The viability of thermoelectric energy conversion as an alternative to more traditional technologies depends on the availability of materials with a high thermoelectric figure of merit (ZT). Such materials would be characterized by low thermal conductivities and high electrical conductivities and Seebeck coefficients. The intricacy of this materials optimization problem caused a stagnation of the field for several decades until the advent of modern, powerful nanostructuring techniques. Among them, the synthesis of nanograined materials has several advantages, such as relying only on intrinsic properties and being able to produce bulk samples directly. Still, experimental resources are scarce and so far researchers have focused their efforts on improving known compounds with high bulk ZT, or alternatively on cheap and readily available materials like silicon.
This presentation is devoted to the results of a fully ab-initio high-throughput screening of a large library of nanograined thermoelectrics. All the phenomenological coefficients involved in ZT were directly calculated for each material without experimental input. The first class explored comprised the 78,768 ternary compounds with half-Heusler prototype available in the aflowlib.org repository. Comparison shows that many half-Heusler candidates can have higher performance than those from elementary group-IV and binary III-V semiconductors. More specifically, values of ZT near 3 are plausible at high temperatures. Good candidates can be found for use either as type-p or as type-n thermoelectrics.

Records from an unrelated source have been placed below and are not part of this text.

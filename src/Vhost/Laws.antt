-- ===== src/Vhost/Laws.antt =====
-- Reasoning about runs: what holds of a result and of the world that it leaves.

use sandboxer.Vhost.{Fault, terminal, plain, Result, ok, failed, Run, ◌>>=◌}

-- `P` holds of a value and the world after it, and `Q` of a failure and the world after it.
pub data Yields {W A : Type 0} (P : A → W → Type 0) (Q : Fault → W → Type 0)
    : Result A × W → Type 0 where
  yields : {a : A} {w : W} → P a w → Yields P Q (ok a, w)
  fails : {e : Fault} {w : W} → Q e w → Yields P Q (failed e, w)

abbrev pub IsTerminal : {W : Type 0} → Fault → W → Type 0
IsTerminal (terminal c) w = Unit
IsTerminal (plain c) w = ⊥

module _ {W A B : Type 0} {P : A → W → Type 0} {R : B → W → Type 0} {Q : Fault → W → Type 0} where
  bind_result :
      (r : Result A × W) (f : A → Run W B)
      → Yields P Q r
      → ((a : A) (w : W) → P a w → Yields R Q (f a w))
      → Yields R Q (elim r.0 as (λ x. Result B × W) [ ok a ↦ f a r.1 | failed e ↦ (failed e, r.1) ])
  bind_result (ok a, w) f (yields h) k = k a w h
  bind_result (failed e, w) f (fails h) k = fails h

  pub >>=-Yields :
      (m : Run W A) (f : A → Run W B) (w : W)
      → Yields P Q (m w)
      → ((a : A) (w' : W) → P a w' → Yields R Q (f a w'))
      → Yields R Q ((m >>= f) w)
  >>=-Yields m f w h k = bind_result (m w) f h k

pub weaken :
    {W A : Type 0} {P P' : A → W → Type 0} {Q Q' : Fault → W → Type 0} (r : Result A × W)
    → Yields P Q r
    → ((a : A) (w : W) → P a w → P' a w)
    → ((e : Fault) (w : W) → Q e w → Q' e w)
    → Yields P' Q' r
weaken (ok a, w) (yields h) f g = yields (f a w h)
weaken (failed e, w) (fails h) f g = fails (g e w h)

module _ {W A B : Type 0} (K : W → Type 0) where
  bind_stays :
      (r : Result A × W) (f : A → Run W B)
      → K r.1
      → ((a : A) (w : W) → K w → K (f a w).1)
      → K (elim r.0 as (λ x. Result B × W) [ ok a ↦ f a r.1 | failed e ↦ (failed e, r.1) ]).1
  bind_stays (ok a, w) f k step = step a w k
  bind_stays (failed e, w) f k step = k

  pub >>=-stays :
      (m : Run W A) (f : A → Run W B) (w : W)
      → K (m w).1
      → ((a : A) (w' : W) → K w' → K (f a w').1)
      → K ((m >>= f) w).1
  >>=-stays m f w k step = bind_stays (m w) f k step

The factors underlying the advantages of half Heuslers in this context are analyzed, and the distribution of ZT over this class of materials studied in terms of their constituent elements, leading to practical recipes that can help guide experimental studies. For instance, good candidates are more likely to appear if two of their elements come from the first columns of the periodic table. Comparison with experimental data for several well-known half Heuslers shows that thermoelectric performance in the bulk and in nanograined form do not necessarily go hand in hand, underlining the importance of looking for the right material for each regime.
In order to go beyond nanograined structures, a software tool chain is presented that implements lattice thermal conductivity calculations for semiconductors in bulk and nanowire forms. At its core is a solver for the Boltzmann transport equation based on ab-initio input. Using the same library of half Heusler as test systems, the difficulties of a brute-force high-throughput approach to this problem are discussed, and an alternative based on machine-learning techniques is introduced.
All are welcome to attend this colloquium.